Among the entries that follow, the required portion opens with the line containing "end : Entries" and closes with the line containing "kind_number list = 8". Give that portion again exactly, and nothing else.

Stored data entries
┄┄┄┄┄┄

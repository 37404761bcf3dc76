-- ===== src/Orchestrator/Course.antt =====
-- The life of a job as an abstract state machine, which a run of nodepilot/orchestrator.py refines.
use nodepilot.Common.{
  ℕ, ◌≡◌, refl, sym, ◌∙◌, subst, inl, inr, Bool, List, ok, All2, All2-refl, All2-trans, All2-imp,
}
use nodepilot.Config.{Job, JobStatus, pending, running, done, failed, skipped}
use nodepilot.Orchestrator.{Setup, Aux, State}
use nodepilot.Orchestrator.Induction.{run-keeps_jobs}
use nodepilot.Orchestrator.Lifecycle.{SameJob, Starts, Moves}
use nodepilot.Orchestrator.Lifecycle.Ticks.{tick-Moves}
use nodepilot.Orchestrator.Loop.{tick}
use nodepilot.Orchestrator.Run.{Run, reconcile_from, run}
use nodepilot.Orchestrator.Safety.Sums.{Stops}
use nodepilot.Orchestrator.Safety.Passes.{reconcile_from-AllStop}

-- The steps of the state machine. No step leads out of a terminal status, nor into or out of any
-- status but these five.
pub data Edge : JobStatus → JobStatus → Type 0 where
  begin : Edge pending running
  not_begun : Edge pending failed
  pass_over : Edge pending skipped
  succeed : Edge running done
  break_off : Edge running failed

-- Any number of steps.
pub data Course : JobStatus → JobStatus → Type 0 where
  stay : {s : JobStatus} → Course s s
  go : {s t u : JobStatus} → Edge s t → Course t u → Course s u

Course-trans : {s t u : JobStatus} → Course s t → Course t u → Course s u
Course-trans stay d = d
Course-trans (go e c) d = go e (Course-trans c d)

-- One job at two times: the same id and dependencies, and a status that steps lead to.
abbrev pub Follows : Job → Job → Type 0
Follows j j' = SameJob j j' × Course j.status j'.status

Follows-refl : (j : Job) → Follows j j
Follows-refl j = ((refl, refl), stay)

Follows-trans : (a b c : Job) → Follows a b → Follows b c → Follows a c
Follows-trans a b c ((i, d), s) ((i', d'), s') = ((i' ∙ i, d' ∙ d), Course-trans s s')

Course-Edge : {s t : JobStatus} (a b : JobStatus) → Edge s t → a ≡ s → b ≡ t → Course a b
Course-Edge {s = s} a b e p q =
    subst (λ x. Course x b) (sym p) (subst (λ y. Course s y) (sym q) (go e stay))

Same-Follows : (j j' : Job) → j' ≡ j → Follows j j'
Same-Follows j j' same = subst (Follows j) (sym same) (Follows-refl j)

pub Moves-Follows : (jobs : List Job) (j j' : Job) → Moves jobs j j' → Follows j j'
Moves-Follows jobs j j' (inl same) = Same-Follows j j' same
Moves-Follows jobs j j' (inr (same, inl (p, inl q))) = (same, Course-Edge _ _ succeed p q)
Moves-Follows jobs j j' (inr (same, inl (p, inr q))) = (same, Course-Edge _ _ break_off p q)
Moves-Follows jobs j j' (inr (same, inr (p, inl q))) = (same, Course-Edge _ _ pass_over p q)
Moves-Follows jobs j j' (inr (same, inr (p, inr (inl q, deps)))) =
    (same, Course-Edge _ _ not_begun p q)
Moves-Follows jobs j j' (inr (same, inr (p, inr (inr q, deps)))) = (same, Course-Edge _ _ begin p q)

pub Starts-Follows : (jobs : List Job) (j j' : Job) → Starts jobs j j' → Follows j j'
Starts-Follows jobs j j' (inl same) = Same-Follows j j' same
Starts-Follows jobs j j' (inr (same, waits, how, deps)) =
    Moves-Follows jobs j j' (inr (same, inr (waits, inr (how, deps))))

pub Stops-Follows : (j j' : Job) → Stops j j' → Follows j j'
Stops-Follows j j' (inl same) = Same-Follows j j' same
Stops-Follows j j' (inr (i, d, inl (p, inl q))) = ((i, d), Course-Edge _ _ succeed p q)
Stops-Follows j j' (inr (i, d, inl (p, inr q))) = ((i, d), Course-Edge _ _ break_off p q)
Stops-Follows j j' (inr (i, d, inr (p, q))) = ((i, d), Course-Edge _ _ pass_over p q)

abbrev AllFollow : List Job → List Job → Type 0
AllFollow = All2 Follows

AllFollow-trans : (xs ys zs : List Job) → AllFollow xs ys → AllFollow ys zs → AllFollow xs zs
AllFollow-trans = All2-trans Follows Follows Follows Follows-trans

module _ (setup : Setup) (begun : List Job) where
  reconcile_from-Follows :
      (a a' : Aux) (jobs jobs' : List Job) (found : Bool)
      → AllFollow begun jobs
      → reconcile_from setup a jobs ≡ ok (jobs', a', found)
      → AllFollow begun jobs'
  reconcile_from-Follows a a' jobs jobs' found h e = AllFollow-trans begun jobs jobs' h (
      All2-imp Stops Follows Stops-Follows jobs jobs'
        (reconcile_from-AllStop setup a a' jobs jobs' found e))

  tick-Follows :
      (st st' : State) (changed : Bool)
      → AllFollow begun st.jobs
      → tick setup st ≡ ok (st', changed)
      → AllFollow begun st'.jobs
  tick-Follows st st' changed h e = AllFollow-trans begun st.jobs st'.jobs h (
      All2-imp (Moves st'.jobs) Follows (Moves-Follows st'.jobs) st.jobs st'.jobs
        (tick-Moves setup st st' changed e))

module _ (setup : Setup) where
  -- A run that returns, of any length, refines the state machine: it keeps the list's length and order,
  -- and each job's id and dependencies, and each job's status at the end is one that steps of the
  -- machine lead to from its status at the begin.
  pub run-Follows :
      (max_ticks : ℕ) (r r' : Run) (ended : Bool)
      → run setup max_ticks r ≡ ok (r', ended)
      → All2 Follows r.state.jobs r'.state.jobs
  run-Follows max_ticks r r' ended =
      run-keeps_jobs setup (AllFollow begun) (reconcile_from-Follows setup begun)
        (tick-Follows setup begun) max_ticks r r' ended (All2-refl Follows Follows-refl begun)
    where
      begun : List Job
      begun = r.state.jobs
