-- ===== src/Value.antt =====
-- rct/Value.h and rct/Value.cpp: a value of one of ten types, and what is in its lists and maps.
pub mod Access
pub mod Lookup
pub mod Numbers
pub mod Convert
pub mod Kinds
pub mod Text
pub mod Order
pub mod Wire
pub mod Lengths
pub mod Stored
pub mod Json
pub mod Kept
pub mod Formats
mod Tests
use rct.Prelude.{
  ℕ, zero, suc, ◌+◌, ◌*◌, ◌/◌, ◌%◌, Bool, true, false, List, [], ◌∷◌, if◌then◌else◌, ltb,
}
use rct.String.Order.{less}
use rct.Serializer.{u32_mod}

-- `Value::Type`
pub data Kind : Type 0 where
  invalid : Kind
  undefined : Kind
  boolean : Kind
  integer : Kind
  double : Kind
  string : Kind
  custom : Kind
  map : Kind
  list : Kind
  date : Kind

-- An integer and a date are the eight bytes of `mData`, a double is those of its representation. A
-- custom object is known by what its `toString` returns; its pointer may be null. A map holds its
-- entries in the order of their keys.
mutual
  pub data Value : Type 0 where
    invalid : Value
    undefined : Value
    boolean : Bool → Value
    integer : ℕ → Value
    double : ℕ → Value
    string : List ℕ → Value
    null_custom : Value
    custom : List ℕ → Value
    map : Entries → Value
    list : Values → Value
    date : ℕ → Value

  pub data Values : Type 0 where
    nil : Values
    cons : Value → Values → Values

  pub data Entries : Type 0 where
    end : Entries
    entry : List ℕ → Value → Entries → Entries

-- `type`
unfoldable pub kind : Value → Kind
kind invalid = Kind.invalid
kind undefined = Kind.undefined
kind (boolean b) = Kind.boolean
kind (integer n) = Kind.integer
kind (double d) = Kind.double
kind (string s) = Kind.string
kind null_custom = Kind.custom
kind (custom s) = Kind.custom
kind (map es) = Kind.map
kind (list vs) = Kind.list
kind (date t) = Kind.date

unfoldable pub kind_number : Kind → ℕ
kind_number invalid = 0
kind_number undefined = 1
kind_number boolean = 2
kind_number integer = 3
kind_number double = 4
kind_number string = 5
kind_number custom = 6
kind_number map = 7
kind_number list = 8
kind_number date = 9

-- `Value(int)` sets four of the eight bytes of `mData`; the upper ones stay what they were.
unfoldable pub of_int : ℕ → ℕ → Value
of_int upper i = integer (i % u32_mod + upper * u32_mod)

-- `Value(Type)`
unfoldable pub of_kind : Kind → Value
of_kind invalid = invalid
of_kind undefined = undefined
of_kind boolean = boolean false
of_kind integer = integer 0
of_kind double = double 0
of_kind string = string []
of_kind custom = null_custom
of_kind map = map end
of_kind list = list nil
of_kind date = date 0

-- `map[key] = value`
unfoldable pub set_entry : List ℕ → Value → Entries → Entries
set_entry key v end = entry key v end
set_entry key v (entry k w es) =
    let rest = set_entry key v es in
    if less k key
    then entry k w rest
    else if less key k
    then entry key v (entry k w es)
    else entry key v es
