-- ===== src/Value/Wire.antt =====
-- rct/Value.h: a value written by a serializer, and read.
use rct.Prelude.{
  ℕ, zero, suc, ◌%◌, Bool, true, false, not, List, [], ◌++◌, none, if◌then◌else◌, ◌==◌,
}
use rct.Serializer.{
  Reader, ◌>>=◌, pure, u32_mod, write_native, read_native, write_string, read_string,
}
use rct.Value.{Kind, kind_number, Value, Values, Entries, of_int, set_entry}
use rct.Value.{
  invalid, undefined, boolean, integer, double, string, null_custom, custom, map, list, date, nil,
  cons, end, entry,
}

unfoldable pub count_values : Values → ℕ
count_values nil = 0
count_values (cons v vs) = suc (count_values vs)

unfoldable pub count_entries : Entries → ℕ
count_entries end = 0
count_entries (entry k v es) = suc (count_entries es)

unfoldable pub bool_byte : Bool → ℕ
bool_byte true = 1
bool_byte false = 0

-- `serializer << static_cast<int>(value.type())`
unfoldable pub write_tag : Kind → List ℕ
write_tag k = write_native 4 (kind_number k)

-- `operator<<`, with those of `List<Value>` and `Map<String, Value>`.
unfoldable mutual
  pub write_value : Value → List ℕ
  write_value invalid = write_tag Kind.invalid
  write_value undefined = write_tag Kind.undefined
  write_value (boolean b) = write_tag Kind.boolean ++ write_native 1 (bool_byte b)
  write_value (integer n) = write_tag Kind.integer ++ write_native 4 (n % u32_mod)
  write_value (double d) = write_tag Kind.double ++ write_native 8 d
  write_value (string s) = write_tag Kind.string ++ write_string s
  write_value null_custom = write_tag Kind.custom
  write_value (custom s) = write_tag Kind.custom
  write_value (map es) =
      write_tag Kind.map ++ (write_native 4 (count_entries es % u32_mod) ++ write_entries es)
  write_value (list vs) =
      write_tag Kind.list ++ (write_native 4 (count_values vs % u32_mod) ++ write_values vs)
  write_value (date t) = write_tag Kind.date ++ write_native 8 t

  pub write_values : Values → List ℕ
  write_values nil = []
  write_values (cons v vs) = write_value v ++ write_values vs

  pub write_entries : Entries → List ℕ
  write_entries end = []
  write_entries (entry k v es) = write_string k ++ (write_value v ++ write_entries es)

-- `operator>>` of a list that was just declared: `size` times the one of an element.
unfoldable pub read_values : Reader Value → ℕ → Reader Values
read_values read zero = pure nil
read_values read (suc n) = do v ← read; vs ← read_values read n; pure (cons v vs)

-- The loop of `operator>>` of a map.
unfoldable pub read_entries : Reader Value → ℕ → Entries → Reader Entries
read_entries read zero es = pure es
read_entries read (suc n) es = do
  key ← read_string
  v ← read
  read_entries read n (set_entry key v es)

-- `operator>>` into a variable that holds `old`, where `read` reads a part into one that was just
-- declared. The temporary that `value = v` makes of an `int` lies on memory that held `upper`.
unfoldable pub read_kind : ℕ → Reader Value → Value → ℕ → Reader Value
read_kind upper read old t =
    if t == 0
    then pure invalid
    else if t == 1
    then pure undefined
    else if t == 2
    then (do b ← read_native 1; pure (boolean (not (b == 0))))
    else if t == 3
    then (do n ← read_native 4; pure (of_int upper n))
    else if t == 4
    then (do d ← read_native 8; pure (double d))
    else if t == 5
    then (do s ← read_string; pure (string s))
    else if t == 6
    then pure invalid
    else if t == 7
    then (do size ← read_native 4; es ← read_entries read size end; pure (map es))
    else if t == 8
    then (do size ← read_native 4; vs ← read_values read size; pure (list vs))
    else if t == 9
    then (do n ← read_native 8; pure (integer n))
    else pure old

-- `none` is a failed assertion of the deserializer, or the end of the fuel.
unfoldable pub read_value : ℕ → ℕ → Value → Reader Value
read_value zero upper old bytes = none
read_value (suc fuel) upper old bytes =
    (read_native 4 >>= read_kind upper (read_value fuel upper invalid) old) bytes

┄┄┄┄┄┄

Solution
    end : Entries
    entry : List ℕ → Value → Entries → Entries

-- `type`
unfoldable pub kind : Value → Kind
kind invalid = Kind.invalid
kind undefined = Kind.undefined
kind (boolean b) = Kind.boolean
kind (integer n) = Kind.integer
kind (double d) = Kind.double
kind (string s) = Kind.string
kind null_custom = Kind.custom
kind (custom s) = Kind.custom
kind (map es) = Kind.map
kind (list vs) = Kind.list
kind (date t) = Kind.date

unfoldable pub kind_number : Kind → ℕ
kind_number invalid = 0
kind_number undefined = 1
kind_number boolean = 2
kind_number integer = 3
kind_number double = 4
kind_number string = 5
kind_number custom = 6
kind_number map = 7
kind_number list = 8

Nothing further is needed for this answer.